*WHAT THE TASK ASKS:* Only one stretch of the data below is wanted: the lines from the one with "-- strings.HasPrefix" through the one with "unfoldable pub walk_element", repeated exactly.
***** ENTRIES SUPPLIED *****
-- ===== src/Server/Config/Sound.antt =====
-- What IsAllowed answers after any run of the watcher.
use ubuntu_insights.Base.{
  Bool-cases, Bytes, Has, List, Option, [], arith, bytes_dec, false, inl, inr, none, refl, some,
  true, ◌↔◌, ◌∷◌, ◌≡◌, ◌≢◌, ◌⊎◌,
}
use ubuntu_insights.Base.Dict.{Dict, insert, lookup, lookup-insert}
use ubuntu_insights.Env.{or_plain}
use ubuntu_insights.Server.Config.{
  ConfigManager, Event, add_names, adopt, allow_list, build_allow_set, decoded, filter_allow_list,
  in_map, is_allowed, load, new_config_manager, on_event, on_events, reserved_names, watch,
}
use ubuntu_insights.System.Files.{read_file}
use ubuntu_insights.System.World.{FilePath, Result, Status, World, done, err, ok}

pub insert-in_map :
    {V : Type 0} (k name : Bytes) (v : V) (set : Dict Bytes V)
    → (in_map k (insert bytes_dec name v set) ≡ true) ↔ ((k ≡ name) ⊎ (in_map k set ≡ true))
unfolding in_map
insert-in_map k name v set = ground (arith, lookup-insert bytes_dec k name v set)

add_names-in_map :
    (k : Bytes) (names : List Bytes) (set : Dict Bytes (Unit {0}))
    → (in_map k (add_names names set) ≡ true) ↔ (Has k names ⊎ (in_map k set ≡ true))
unfolding add_names
add_names-in_map k [] set = ground arith
add_names-in_map k (name ∷ names) set =
    ground
      (arith, add_names-in_map k names (insert bytes_dec name tt set), insert-in_map k name tt set)

-- The filter keeps exactly the names that are not reserved.
pub filter_allow_list-Has :
    (k : Bytes) (names : List Bytes)
    → Has k (filter_allow_list names) ↔ (Has k names × (in_map k reserved_names ≡ false))
unfolding filter_allow_list
filter_allow_list-Has k [] = ground arith
filter_allow_list-Has k (name ∷ names) = elim (Bool-cases (in_map name reserved_names)) [
  | inl e ↦ rw e (ground (arith, filter_allow_list-Has k names))
  | inr e ↦ rw e (ground (arith, filter_allow_list-Has k names))
]

empty-in_map : (k : Bytes) → in_map {V = Unit {0}} k [] ≡ false
unfolding in_map lookup
empty-in_map k = refl

-- The set answers what the list holds, and the list holds no reserved name.
abbrev pub IsSound : ConfigManager → Type 0
IsSound cm =
    (k : Bytes)
    → ((is_allowed cm k ≡ true) ↔ Has k (allow_list cm))
      × (Has k (allow_list cm) → in_map k reserved_names ≡ false)

adopt_sound :
    (names : List Bytes) (k : Bytes)
    → let kept = filter_allow_list names in
      ((in_map k (build_allow_set kept) ≡ true) ↔ Has k kept)
      × (Has k kept → in_map k reserved_names ≡ false)
unfolding build_allow_set
adopt_sound names k = ground (
  arith,
  add_names-in_map k (filter_allow_list names) [],
  filter_allow_list-Has k names,
  empty-in_map k,
)

module _ (decode : Bytes → Option (List Bytes)) where
  adopted-IsSound :
      (cm : ConfigManager) (r : Result (List Bytes)) → IsSound cm → IsSound (adopt cm r).1
  unfolding is_allowed
  adopted-IsSound cm (err e) h = h
  adopted-IsSound cm (ok names) h = λ k. adopt_sound names k

  load-IsSound : (cm : ConfigManager) (w : World) → IsSound cm → IsSound (load decode cm w).0.1
  unfolding load
  load-IsSound cm w h = adopted-IsSound cm (decoded decode (read_file cm.config_path w).0) h

  on_event-IsSound :
      (cm : ConfigManager) (event : Event) (w : World)
      → IsSound cm
      → IsSound (on_event decode cm event w).0.1
  unfolding on_event
  on_event-IsSound cm event w h = ground (arith, load-IsSound cm w)

  on_events-IsSound :
      (cm : ConfigManager) (l : List (Event × World)) → IsSound cm → IsSound (on_events decode cm l)
  unfolding on_events
  on_events-IsSound cm [] h = h
  on_events-IsSound cm ((event, w) ∷ l) h =
      on_events-IsSound (on_event decode cm event w).0.1 l (on_event-IsSound cm event w h)

  new_config_manager-IsSound : (p : FilePath) → IsSound (new_config_manager p)
  unfolding is_allowed
  new_config_manager-IsSound p k = ground (arith, empty-in_map k)

  -- Whatever a manager's file holds at the start and at each event of the watcher, and whichever
  -- reads of it fail: IsAllowed says yes to exactly the names of AllowList, and none of these is
  -- reserved.
  pub watch-IsSound :
      (p : FilePath) (w : World) (l : List (Event × World))
      → IsSound (watch decode (new_config_manager p) w l)
  unfolding watch
  watch-IsSound p w l =
      on_events-IsSound (load decode (new_config_manager p) w).0.1 l
        (load-IsSound (new_config_manager p) w (new_config_manager-IsSound p))

  -- The read gave `s`, and the load returned `r` and left `cm'`.
  abbrev pub LoadOutcome : ConfigManager → Result Bytes → Status × ConfigManager → Type 0
  LoadOutcome cm s (r, cm') =
      ((r ≢ done) × (cm' ≡ cm))
      ⊎ ((b : Bytes) × (names : List Bytes) × (r ≡ done)
          × (s ≡ ok b)
          × (decode b ≡ some names)
          × ((k : Bytes)
              → (is_allowed cm' k ≡ true) ↔ (Has k names × (in_map k reserved_names ≡ false))))

  adopted_allows :
      (cm : ConfigManager) (names : List Bytes) (k : Bytes)
      → (is_allowed (adopt cm (ok names)).1 k ≡ true)
        ↔ (Has k names × (in_map k reserved_names ≡ false))
  unfolding is_allowed
  adopted_allows cm names k = ground (arith, adopt_sound names k, filter_allow_list-Has k names)

  adopted_outcome :
      (cm : ConfigManager) (b : Bytes) (o : Option (List Bytes))
      → decode b ≡ o
      → LoadOutcome cm (ok b) (adopt cm (or_plain o))
  adopted_outcome cm b none e = inl (λ x. cc, refl)
  adopted_outcome cm b (some names) e = inr (b, names, refl, refl, e, adopted_allows cm names)

  decoded_outcome :
      (cm : ConfigManager) (s : Result Bytes) → LoadOutcome cm s (adopt cm (decoded decode s))
  decoded_outcome cm (err e) = inl (λ x. cc, refl)
  decoded_outcome cm (ok b) = adopted_outcome cm b (decode b) refl

  -- A load fails and leaves the manager as it was, or the file was read and decoded, and then
  -- IsAllowed says yes to exactly the names in the file that are not reserved.
  pub load_allows :
      (cm : ConfigManager) (w : World)
      → LoadOutcome cm (read_file cm.config_path w).0 (load decode cm w).0
  unfolding load
  load_allows cm w = decoded_outcome cm (read_file cm.config_path w).0
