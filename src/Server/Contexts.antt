-- ===== src/Server/Contexts.antt =====
-- The two contexts of a service, in server/internal/ingest/ingest.go and
-- server/internal/webservice/webservice.go: gracefulCtx is derived from ctx, so it is done when
-- either is canceled.
use ubuntu_insights.Base.{Bool, false, true, ◌||◌}
use ubuntu_insights.System.World.{Status}

pub record Contexts : Type 0 where
  pub canceled : Bool
  pub graceful_canceled : Bool

-- <-s.ctx.Done() and <-s.gracefulCtx.Done() would not block.
abbrev pub is_done : Contexts → Bool
is_done c = c.canceled

abbrev pub is_graceful_done : Contexts → Bool
is_graceful_done c = c.canceled || c.graceful_canceled

-- s.cancel and s.gracefulCancel
abbrev pub cancel : Contexts → Contexts
cancel c = record c { canceled = true }

abbrev pub graceful_cancel : Contexts → Contexts
graceful_cancel c = record c { graceful_canceled = true }

-- What New makes of a context that is not done.
abbrev pub fresh_contexts : Contexts
fresh_contexts = record { canceled = false; graceful_canceled = false }

-- A goroutine: not started, running, or ended with what it returned.
pub data Part : Type 0 where
  unstarted running : Part
  ended : Status → Part

abbrev pub HasEnded : Part → Type 0
HasEnded unstarted = ⊥
HasEnded running = ⊥
HasEnded (ended r) = Unit
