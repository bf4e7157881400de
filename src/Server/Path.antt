-- ===== src/Server/Path.antt =====
-- Packages strings and path/filepath on whole paths, as the server uses them on the names in a URL:
-- Contains, Split, Clean, Join.
pub mod Dots
pub mod Append
use ubuntu_insights.Base.{
  Bool, Bytes, List, [], bytes_dec, codes, false, if◌then◌else◌, is_nil, refl, same_bytes, true, ℕ,
  ◌++◌, ◌==◌, ◌||◌, ◌∷◌, ◌≡◌,
}
use ubuntu_insights.System.World.{FilePath}

-- strings.HasPrefix
unfoldable pub has_prefix : Bytes → Bytes → Bool
has_prefix s [] = true
has_prefix [] (x ∷ xs) = false
has_prefix (c ∷ s) (x ∷ xs) = if c == x then has_prefix s xs else false

-- strings.Contains
unfoldable pub contains : Bytes → Bytes → Bool
contains [] t = has_prefix [] t
contains (c ∷ s) t = let rest = contains s t in if has_prefix (c ∷ s) t then true else rest

-- strings.Split(s, "/")
abbrev pub onto_first : ℕ → List Bytes → List Bytes
onto_first c [] = (c ∷ []) ∷ []
onto_first c (e ∷ es) = (c ∷ e) ∷ es

unfoldable pub split : Bytes → List Bytes
split [] = [] ∷ []
split (c ∷ s) = let rest = split s in if c == b'/' then [] ∷ rest else onto_first c rest

abbrev pub dot : Bytes
dot = codes "."

abbrev pub dot_dot : Bytes
dot_dot = codes ".."

-- Clean walks over the elements: an empty one and a dot are dropped, and ".." takes the element
-- before it away, or stays in front of a path that does not start at the root.
abbrev pub up : Bool → FilePath → FilePath
up rooted [] = if rooted then [] else dot_dot ∷ []
up rooted (e ∷ p) = if same_bytes e dot_dot then dot_dot ∷ e ∷ p else p

unfoldable pub walk_element : Bool → FilePath → Bytes → FilePath
walk_element rooted p e =
    if is_nil e || same_bytes e dot then p else if same_bytes e dot_dot then up rooted p else e ∷ p

unfoldable pub walk : Bool → FilePath → List Bytes → FilePath
walk rooted p [] = p
walk rooted p (e ∷ es) = walk rooted (walk_element rooted p e) es

unfoldable pub join_elements : FilePath → Bytes
join_elements [] = []
join_elements (e ∷ []) = e
join_elements (e ∷ f ∷ p) = join_elements (f ∷ p) ++ (b'/' ∷ e)

abbrev or_dot : Bytes → Bytes
or_dot [] = dot
or_dot (c ∷ s) = c ∷ s

-- filepath.Clean
unfoldable pub clean : Bytes → Bytes
clean s =
    if has_prefix s (codes "/")
    then b'/' ∷ join_elements (walk true [] (split s))
    else or_dot (join_elements (walk false [] (split s)))

-- filepath.Join(d, s), of a directory with an absolute path
unfoldable pub join_path : FilePath → Bytes → FilePath
join_path d s = walk true d (split s)

clean_lem : clean (codes "a//b/./../c/") ≡ codes "a/c"
unfolding clean split has_prefix walk walk_element join_elements bytes_dec
clean_lem = refl

clean_up_lem : clean (codes "../a/../../b") ≡ codes "../../b"
unfolding clean split has_prefix walk walk_element join_elements bytes_dec
clean_up_lem = refl
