-- ===== src/Server/Handlers.antt =====
-- server/internal/webservice/handlers: json_hander.go, upload.go, legacy_upload.go and version.go.
-- Metrics and logs are not modelled; the request's fresh UUID is an argument.
pub mod Stored
pub mod Confined
use ubuntu_insights.Base.{
  Bool, Bytes, Option, codes, if◌then◌else◌, is_nil, leb, length, none, not, same_bytes, some, ℕ,
  ◌++◌, ◌||◌, ◌∷◌,
}
use ubuntu_insights.FileUtils.{write_file}
use ubuntu_insights.Server.Config.{is_allowed}
use ubuntu_insights.Server.Path.{clean, contains, join_path}
use ubuntu_insights.System.Files.{mkdir_all}
use ubuntu_insights.System.World.{FilePath, Io, Status, World, err, ok}

-- http.Status...
abbrev pub status_ok : ℕ
status_ok = 200

abbrev pub status_accepted : ℕ
status_accepted = 202

abbrev pub status_bad_request : ℕ
status_bad_request = 400

abbrev pub status_forbidden : ℕ
status_forbidden = 403

abbrev pub status_method_not_allowed : ℕ
status_method_not_allowed = 405

abbrev pub status_internal_server_error : ℕ
status_internal_server_error = 500

-- A body is read as it is, or reading it fails.
pub record Request : Type 0 where
  pub method : Bytes
  pub body : Option Bytes
  pub req_id : Bytes

pub record JsonHandler : Type 0 where
  pub is_allowed : Bytes → Bool
  pub reports_dir : FilePath
  pub max_upload_size : ℕ
  pub success_status : ℕ
  pub json_valid : Bytes → Bool

-- io.ReadAll of http.MaxBytesReader
abbrev pub read_body : ℕ → Option Bytes → Option Bytes
read_body max_size none = none
read_body max_size (some b) = if leb (length b) max_size then some b else none

-- A handler's answer: the status of the response.
abbrev pub Handler : Type 0
Handler = World → ℕ × World

abbrev pub answer : ℕ → Handler
answer s w = (s, w)

-- The rest of a handler after a call that may fail, which is answered by 500.
abbrev pub or_internal_error : Status → Handler → Handler
or_internal_error (ok _) next = next
or_internal_error (err e) next = answer status_internal_server_error

abbrev pub require : Io (Unit {0}) → Handler → Handler
require m next w = let (r, w') = m w in or_internal_error r next w'

unfoldable pub target_path : FilePath → Bytes → Bytes → FilePath
target_path reports_dir app req_id = (req_id ++ codes ".json") ∷ join_path reports_dir app

-- serveHTTP, from the directory on
unfoldable pub save : JsonHandler → Bytes → Bytes → Bytes → Handler
save h app req_id json_data = require (mkdir_all (join_path h.reports_dir app)) (
    require (write_file (target_path h.reports_dir app req_id) json_data) (answer h.success_status))

abbrev pub serve_body : JsonHandler → Bytes → Bytes → Option Bytes → Handler
serve_body h app req_id none = answer status_bad_request
serve_body h app req_id (some b) =
    if h.json_valid b then save h app req_id b else answer status_bad_request

-- serveHTTP
unfoldable pub serve_http : JsonHandler → Bytes → Request → Handler
serve_http h app r =
    if not (h.is_allowed app)
    then answer status_forbidden
    else if not (same_bytes r.method (codes "POST"))
    then answer status_method_not_allowed
    else serve_body h app r.req_id (read_body h.max_upload_size r.body)

-- The test on a cleaned path value of a URL.
unfoldable pub is_bad_name : Bytes → Bool
is_bad_name s = is_nil s || same_bytes s (codes ".") || contains s (codes "..")

-- NewUpload and NewLegacyReport
abbrev pub new_upload : (Bytes → Bool) → FilePath → ℕ → (Bytes → Bool) → JsonHandler
new_upload cfg reports_dir max_size json_valid = record {
  is_allowed = cfg;
  reports_dir = reports_dir;
  max_upload_size = max_size;
  success_status = status_accepted;
  json_valid = json_valid;
}

abbrev pub new_legacy_report : (Bytes → Bool) → FilePath → ℕ → (Bytes → Bool) → JsonHandler
new_legacy_report cfg reports_dir max_size json_valid = record {
  is_allowed = cfg;
  reports_dir = reports_dir;
  max_upload_size = max_size;
  success_status = status_ok;
  json_valid = json_valid;
}

-- Upload.ServeHTTP, on the path value "app"
unfoldable pub serve_upload : JsonHandler → Bytes → Request → Handler
serve_upload h app_value r =
    let app = clean app_value in
    if is_bad_name app then answer status_forbidden else serve_http h app r

abbrev pub legacy_report_tag : Bytes
legacy_report_tag = codes "ubuntu-report"

unfoldable pub legacy_app : Bytes → Bytes → Bytes
legacy_app distribution version =
    legacy_report_tag ++ (codes "/" ++ (distribution ++ (codes "/desktop/" ++ version)))

-- LegacyReport.ServeHTTP, on the path values "distribution" and "version"
unfoldable pub serve_legacy_report : JsonHandler → Bytes → Bytes → Request → Handler
serve_legacy_report h distribution_value version_value r =
    let distribution = clean distribution_value in
    let version = clean version_value in
    if is_bad_name distribution
    then answer status_forbidden
    else if is_bad_name version
    then answer status_forbidden
    else serve_http h (legacy_app distribution version) r

-- VersionHandler: the status and the body
unfoldable pub version_handler : Bytes → Bytes → ℕ × Bytes
version_handler version method =
    if not (same_bytes method (codes "GET"))
    then (status_method_not_allowed, codes "Method not allowed")
    else (status_ok, codes "{\"version\":\"" ++ (version ++ codes "\"}"))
*****
*TASK OUTPUT:*
-- strings.HasPrefix
unfoldable pub has_prefix : Bytes → Bytes → Bool
has_prefix s [] = true
has_prefix [] (x ∷ xs) = false
has_prefix (c ∷ s) (x ∷ xs) = if c == x then has_prefix s xs else false

-- strings.Contains
unfoldable pub contains : Bytes → Bytes → Bool
contains [] t = has_prefix [] t
contains (c ∷ s) t = let rest = contains s t in if has_prefix (c ∷ s) t then true else rest

-- strings.Split(s, "/")
abbrev pub onto_first : ℕ → List Bytes → List Bytes
onto_first c [] = (c ∷ []) ∷ []
onto_first c (e ∷ es) = (c ∷ e) ∷ es

unfoldable pub split : Bytes → List Bytes
split [] = [] ∷ []
split (c ∷ s) = let rest = split s in if c == b'/' then [] ∷ rest else onto_first c rest

abbrev pub dot : Bytes
dot = codes "."

abbrev pub dot_dot : Bytes
dot_dot = codes ".."

-- Clean walks over the elements: an empty one and a dot are dropped, and ".." takes the element
-- before it away, or stays in front of a path that does not start at the root.
abbrev pub up : Bool → FilePath → FilePath
up rooted [] = if rooted then [] else dot_dot ∷ []
up rooted (e ∷ p) = if same_bytes e dot_dot then dot_dot ∷ e ∷ p else p

unfoldable pub walk_element : Bool → FilePath → Bytes → FilePath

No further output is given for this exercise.